What changed with Medicaid redeterminations under the OBBBA in 2026?
The One Big Beautiful Bill Act (OBBBA), signed July 4, 2025, made three major changes affecting 2026 redeterminations: (1) Work requirements for expansion adults ages 19 to 64 are now federally authorized; Nebraska implemented them May 1, 2026, with Montana, Iowa, and other states following. (2) Starting December 31, 2026, expansion adults must renew every six months instead of annually. (3) Retroactive Medicaid coverage for expansion adults shrinks from 3 months to 1 to 2 months effective January 1, 2027. Stricter income verification rules through data matching are also generating more administrative terminations in 2026.
Do the 2026 Medicaid work requirements apply to me?
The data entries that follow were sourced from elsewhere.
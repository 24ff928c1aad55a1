-- ===== src/Worker/Notifications/Rules.antt =====
-- What a user's rules come to.
use wachd.Base.{
  ℕ, String, Bool, true, false, not, ◌&&◌, List, [], ◌∷◌, ◌++◌, Option, none, some, ok, Result, any,
  ◌≡◌, refl, arith, Bool-cases, inl, inr, ◌==◌, if◌then◌else◌, ◌⊎◌,
}
use wachd.Oncall.Types.{Uuid, TeamMember}
use wachd.Oncall.Manager.{QueryError}
use wachd.Store.Incidents.{Incident}
use wachd.Worker.Notifications.{
  queue_rule, Notifiers, PushToken, NotificationRule, Send, Outbox, is_rule_of,
  get_user_notification_rules, fire_all_channels, fire_channel, send_by_rule, send_by_rules,
  send_notifications,
}

-- The send is in the list.
abbrev pub Mem : Send → List Send → Type 0
Mem send [] = ⊥
Mem send (x ∷ sends) = (send ≡ x) ⊎ Mem send sends

pub Mem-left : (send : Send) (xs ys : List Send) → Mem send xs → Mem send (xs ++ ys)
Mem-left send [] ys h = elim h [ ]
Mem-left send (x ∷ xs) ys (inl e) = inl e
Mem-left send (x ∷ xs) ys (inr h) = inr (Mem-left send xs ys h)

pub Mem-right : (send : Send) (xs ys : List Send) → Mem send ys → Mem send (xs ++ ys)
Mem-right send [] ys h = h
Mem-right send (x ∷ xs) ys h = inr (Mem-right send xs ys h)

pub Mem-append : (send : Send) (xs ys : List Send) → Mem send (xs ++ ys) → Mem send xs ⊎ Mem send ys
Mem-append send [] ys h = inr h
Mem-append send (x ∷ xs) ys (inl e) = inl (inl e)
Mem-append send (x ∷ xs) ys (inr h) = elim (Mem-append send xs ys h) [
  | inl left ↦ inl (inr left)
  | inr right ↦ inr right
]

no_rules :
    (user_id : Uuid) (user_source event_type : String) (rows : List NotificationRule)
    → any (λ r. is_rule_of user_id user_source event_type r && r.enabled) rows ≡ false
    → get_user_notification_rules user_id user_source event_type rows ≡ []
unfolding get_user_notification_rules
no_rules user_id user_source event_type [] e = refl
no_rules user_id user_source event_type (r ∷ rows) e =
    elim (Bool-cases (is_rule_of user_id user_source event_type r && r.enabled)) [
      | inl t ↦ absurd (ground (arith, t))
      | inr f ↦ rw f (no_rules user_id user_source event_type rows (ground arith))
    ]

either_branch :
    (P : Outbox → Type 0) (test : Bool) {s t : Outbox} → P s → P t → P (if test then s else t)
either_branch P true p q = p
either_branch P false p q = q

module _ (n : Notifiers) (tokens : Uuid → String → Result QueryError (List PushToken))
    (tick : NotificationRule → ℕ × Option Uuid) (incident : Incident) (user : TeamMember) where
  -- A user without an enabled rule for new alerts is notified at once over every channel that fires for
  -- all, and so is one who has disabled all rules.
  pub send_notifications_all :
      (rows : List NotificationRule) (s : Outbox)
      → any (λ r. is_rule_of user.id user.source "new_alert" r && r.enabled) rows ≡ false
      → send_notifications n tokens tick
          (ok (get_user_notification_rules user.id user.source "new_alert" rows))
          incident
          user
          s
        ≡ record s { sends = s.sends ++ fire_all_channels n incident.id user }
  unfolding send_notifications
  send_notifications_all rows s e = rw (no_rules user.id user.source "new_alert" rows e) refl

  queue_rule_grows :
      (now : ℕ) (answer : Option Uuid) (rule : NotificationRule) (s : Outbox) (send : Send)
      → Mem send s.sends
      → Mem send (queue_rule n tokens now answer rule incident user s).sends
  unfolding queue_rule
  queue_rule_grows now none rule s send h = h
  queue_rule_grows now (some new_id) rule s send h = h

  send_by_rule_grows :
      (rule : NotificationRule) (s : Outbox) (send : Send)
      → Mem send s.sends
      → Mem send (send_by_rule n tokens (tick rule) rule incident user s).sends
  unfolding send_by_rule queue_rule
  send_by_rule_grows rule s send h =
      either_branch (λ t. Mem send t.sends) (not rule.enabled) h
        (either_branch (λ t. Mem send t.sends) (rule.delay_minutes == 0)
          (Mem-left send s.sends (fire_channel n tokens rule.channel incident.id user) h)
          (queue_rule_grows (tick rule).0 (tick rule).1 rule s send h))

  send_by_rules_grows :
      (rules : List NotificationRule) (s : Outbox) (send : Send)
      → Mem send s.sends
      → Mem send (send_by_rules n tokens tick rules incident user s).sends
  unfolding send_by_rules
  send_by_rules_grows [] s send h = h
  send_by_rules_grows (rule ∷ rules) s send h =
      send_by_rules_grows rules (send_by_rule n tokens (tick rule) rule incident user s) send
        (send_by_rule_grows rule s send h)

  send_by_rules_now :
      (before after : List NotificationRule) (rule : NotificationRule) (s : Outbox) (send : Send)
      → rule.enabled ≡ true
      → rule.delay_minutes ≡ 0
      → Mem send (fire_channel n tokens rule.channel incident.id user)
      → Mem send (send_by_rules n tokens tick (before ++ rule ∷ after) incident user s).sends
  unfolding send_by_rules send_by_rule
  send_by_rules_now [] after rule s send on now h =
      send_by_rules_grows after (send_by_rule n tokens (tick rule) rule incident user s) send
        (rw (on, now) (Mem-right send s.sends _ h))
  send_by_rules_now (first ∷ before) after rule s send on now h =
      send_by_rules_now before after rule (send_by_rule n tokens (tick first) first incident user s)
        send on now h

  -- Among the rules that the lookup gave, one that is enabled and has no delay sends at once what its
  -- channel has for the user, whatever the other rules do.
  pub send_notifications_now :
      (before after : List NotificationRule) (rule : NotificationRule) (s : Outbox) (send : Send)
      → rule.enabled ≡ true
      → rule.delay_minutes ≡ 0
      → Mem send (fire_channel n tokens rule.channel incident.id user)
      → Mem send
          (send_notifications n tokens tick (ok (before ++ rule ∷ after)) incident user s).sends
  unfolding send_notifications
  send_notifications_now [] after rule s send on now h =
      send_by_rules_now [] after rule s send on now h
  send_notifications_now (first ∷ before) after rule s send on now h =
      send_by_rules_now (first ∷ before) after rule s send on now h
Work requirements apply to expansion adults ages 19 to 64 in states that have implemented them. As of June 2026, Nebraska is the only state with active work requirements (implemented May 1, 2026). Montana and Iowa plan implementation by end of 2026. All states must comply with work requirements by January 1, 2027. Federal exemptions include: people with documented disabilities or serious medical conditions; pregnant women or those 60 days post-partum; primary caregivers of children under 14 or disabled adults; full-time students enrolled at least half-time; people age 65 or older; and recipients of SSI, SSDI, or TANF. Check your state Medicaid agency website for current implementation status.
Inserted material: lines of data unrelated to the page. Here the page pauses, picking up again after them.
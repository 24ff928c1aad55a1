-- ===== src/Worker/Notifications/Delayed.antt =====
-- What firePendingNotifications sends.
use wachd.Base.{
  zero, suc, not, ◌&&◌, ltb, take, All, subst, Result-cases, Option-cases, eq_iff, all, ℕ, Bool,
  true, List, [], ◌∷◌, none, some, ok, err, Result, ◌≡◌, refl, arith, Bool-cases, inl, inr, str_eq,
  ◌⊎◌, String,
}
use wachd.Oncall.Types.{Uuid, TeamMember}
use wachd.Oncall.Manager.{QueryError, Query}
use wachd.Store.Incidents.{Incident, Incidents, get_incident, has_key}
use wachd.Store.Pending.{
  PendingNotification, Pending, get_due_pending_notifications, due_first, is_due,
  insert_by_schedule,
}
use wachd.Table.Member.{IsRow, IsRow-self}
use wachd.Worker.Notifications.{
  Notifiers, PushToken, Send, Outbox, Encounter, fire_channel, fire_to, sends_for, fire_each,
  fire_pending_notifications,
}
use wachd.Worker.Notifications.Rules.{Mem, Mem-append}

get_incident-key :
    (team_id id : Uuid) (rows : Incidents) (r : Incident)
    → get_incident team_id id rows ≡ some r
    → (r.id ≡ id) × (r.team_id ≡ team_id)
unfolding get_incident
get_incident-key team_id id [] r e = cc
get_incident-key team_id id (x ∷ rows) r e = elim (Bool-cases (has_key team_id id x)) [
  | inl hit ↦
      let same : x ≡ r = ground arith in
      subst (λ y. (y.id ≡ id) × (y.team_id ≡ team_id)) same (ground arith)
  | inr miss ↦ get_incident-key team_id id rows r (ground arith)
]

module _ {κ} (P : PendingNotification → Type κ) (now : ℕ) where
  abbrev IsDue : PendingNotification → Type κ
  IsDue p = P p × (is_due now p ≡ true)

  All-insert_by_schedule :
      (x : PendingNotification) (rows : Pending)
      → IsDue x
      → All IsDue rows
      → All IsDue (insert_by_schedule x rows)
  unfolding insert_by_schedule
  All-insert_by_schedule x [] d all = (d, tt)
  All-insert_by_schedule x (p ∷ rows) d all =
      elim (Bool-cases (ltb p.scheduled_at x.scheduled_at)) [
        | inl b ↦ rw b (all.0, All-insert_by_schedule x rows d all.1)
        | inr b ↦ rw b (d, all)
      ]

  All-due_first :
      (locked : PendingNotification → Bool) (rows : Pending)
      → All P rows
      → All IsDue (due_first now locked rows)
  unfolding due_first
  All-due_first locked [] all = tt
  All-due_first locked (p ∷ rows) all = elim (Bool-cases (is_due now p && not (locked p))) [
    | inl t ↦ rw t (
        All-insert_by_schedule p (due_first now locked rows) (all.0, ground arith)
          (All-due_first locked rows all.1))
    | inr f ↦ rw f (All-due_first locked rows all.1)
  ]

All-take {κ} :
    (P : PendingNotification → Type κ) (k : ℕ) (rows : Pending) → All P rows → All P (take k rows)
All-take P zero rows all = tt
All-take P (suc k) [] all = tt
All-take P (suc k) (p ∷ rows) all = (all.0, All-take P k rows all.1)

module _ (n : Notifiers) (tokens : Uuid → String → Result QueryError (List PushToken))
    (meet : PendingNotification → Encounter) where
  -- The send is over the channel of a row of the table that passes the test, to the member of the row's user id,
  -- and about the incident with the row's id and team, which was open when the worker came to the row.
  abbrev pub IsTimely : (PendingNotification → Bool) → Pending → Send → Type 0
  IsTimely test table send =
      (p : PendingNotification) × (incident : Incident) × (user : TeamMember) × (rows : Incidents)
      × IsRow p table
      × (test p ≡ true)
      × ((meet p).incidents ≡ ok rows)
      × (get_incident p.team_id p.incident_id rows ≡ some incident)
      × (incident.id ≡ p.incident_id)
      × (incident.team_id ≡ p.team_id)
      × (incident.status ≡ "open")
      × ((meet p).get_member_by_id p.user_id ≡ ok (some user))
      × Mem send (fire_channel n tokens p.channel incident.id user)

  fire_to-user :
      (p : PendingNotification) (incident : Incident) (q : Query TeamMember) (send : Send)
      → Mem send (fire_to n tokens p incident q)
      → (user : TeamMember) × (q ≡ ok (some user))
        × Mem send (fire_channel n tokens p.channel incident.id user)
  unfolding fire_to
  fire_to-user p incident (ok (some user)) send h = (user, refl, h)
  fire_to-user p incident (ok none) send h = elim h [ ]
  fire_to-user p incident (err e) send h = elim h [ ]

  -- A row of the table that passes the test.
  abbrev IsClaimed : (PendingNotification → Bool) → Pending → PendingNotification → Type 0
  IsClaimed test table p = IsRow p table × (test p ≡ true)

  sends_for-IsTimely :
      (test : PendingNotification → Bool) (table : Pending) (p : PendingNotification) (send : Send)
      → IsClaimed test table p
      → Mem send (sends_for n tokens p (meet p))
      → IsTimely test table send
  unfolding sends_for
  sends_for-IsTimely test table p send claimed h = elim (Result-cases (meet p).incidents) [
    | inr (failure, e) ↦ absurd (rw (sends_for, e) at h)
    | inl (rows, e) ↦ elim (Option-cases (get_incident p.team_id p.incident_id rows)) [
      | inl absent ↦ absurd (rw (sends_for, e, absent) at h)
      | inr (incident, is) ↦ elim (Bool-cases (str_eq incident.status "open")) [
        | inr shut ↦ absurd (rw (sends_for, e, is, shut) at h)
        | inl unshut ↦
            let (user, q, m) =
              fire_to-user p incident ((meet p).get_member_by_id p.user_id) send
                (rw (sends_for, e, is, unshut) at h) in
            let (id, team) = get_incident-key p.team_id p.incident_id rows incident is in
            (
              p,
              incident,
              user,
              rows,
              claimed.0,
              claimed.1,
              e,
              is,
              id,
              team,
              (eq_iff incident.status "open").0 unshut,
              q,
              m,
            )
      ]
    ]
  ]

  fire_each-IsTimely :
      (test : PendingNotification → Bool) (table claimed : Pending) (s : Outbox) (send : Send)
      → All (IsClaimed test table) claimed
      → Mem send (fire_each n tokens meet claimed s).sends
      → Mem send s.sends ⊎ IsTimely test table send
  unfolding fire_each
  fire_each-IsTimely test table [] s send passes h = inl h
  fire_each-IsTimely test table (p ∷ claimed) s send passes h =
      elim (fire_each-IsTimely test table claimed _ send passes.1 h) [
        | inr timely ↦ inr timely
        | inl earlier ↦ elim (Mem-append send s.sends (sends_for n tokens p (meet p)) earlier) [
          | inl old ↦ inl old
          | inr new ↦ inr (sends_for-IsTimely test table p send passes.0 new)
        ]
      ]

  get_due_pending_notifications-IsClaimed :
      (now : ℕ) (locked : PendingNotification → Bool) (rows : Pending)
      → All (IsClaimed (is_due now) rows) (get_due_pending_notifications now locked rows).0
  unfolding get_due_pending_notifications
  get_due_pending_notifications-IsClaimed now locked rows =
      All-take _ 100 (due_first now locked rows)
        (All-due_first (λ p. IsRow p rows) now locked rows (IsRow-self rows))

  -- What a worker sends for delayed notifications goes over the channel of a row of the table that is due and
  -- still waits, to the member with the row's user id, and is about the incident with the row's incident and
  -- team ids, which was open when the worker came to the row.
  pub fire_pending_notifications-IsTimely :
      (now : ℕ) (locked : PendingNotification → Bool) (s : Outbox) (send : Send)
      → Mem send (fire_pending_notifications n tokens now locked meet s).sends
      → Mem send s.sends ⊎ IsTimely (is_due now) s.pending send
  unfolding fire_pending_notifications
  fire_pending_notifications-IsTimely now locked s send h =
      fire_each-IsTimely (is_due now) s.pending
        (get_due_pending_notifications now locked s.pending).0 _ send
        (get_due_pending_notifications-IsClaimed now locked s.pending) h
Will my children lose Medicaid when I lose mine at redetermination?
Not necessarily. Children's Medicaid and CHIP eligibility is evaluated separately from adult eligibility. Even if your income makes you ineligible for adult Medicaid, your children may qualify for Medicaid or CHIP at income levels up to 200% to 300% FPL depending on your state. CHIP enrollment is year-round and there is no 90-day deadline. Apply through healthcare.gov or your state CHIP agency. State CHIP programs include California's Medi-Cal for Kids, Wisconsin's BadgerCare Plus for children, New Jersey's NJ FamilyCare, Connecticut's HUSKY Health for Kids, and Massachusetts's MassHealth Standard.
What are the 2026 Medicaid income limits by state?
For the 40 expansion states plus DC, the standard Medicaid income limit for non-disabled adults is 138% FPL: $22,025 for a single person, $29,820 for 2, $37,615 for 3, and $45,540 for a family of 4 (2026, 48 contiguous states plus DC). Alaska and Hawaii use higher FPL guidelines. The 10 non-expansion states have much lower limits for adults, generally covering only parents at very low income levels. A full 50-state income limit table is available at the Medicaid income limits page on this site, with every state's threshold by household size.
Does the 2026 ACA subsidy cliff affect me if I switch from Medicaid to a Marketplace plan?
Yes, if your income is above 400% FPL ($63,840 for a single person, $132,000 for a family of 4 in 2026). The enhanced premium tax credits from ARPA and the IRA expired January 1, 2026, so people above 400% FPL receive no ACA subsidy. Standard premium tax credits apply for incomes from 100% to 400% FPL: a Silver plan for a single person at 200% FPL ($31,920) typically costs $50 to $150 per month after credits in 2026. For incomes under 250% FPL, Silver plans also include cost-sharing reductions that dramatically lower deductibles and out-of-pocket maximums.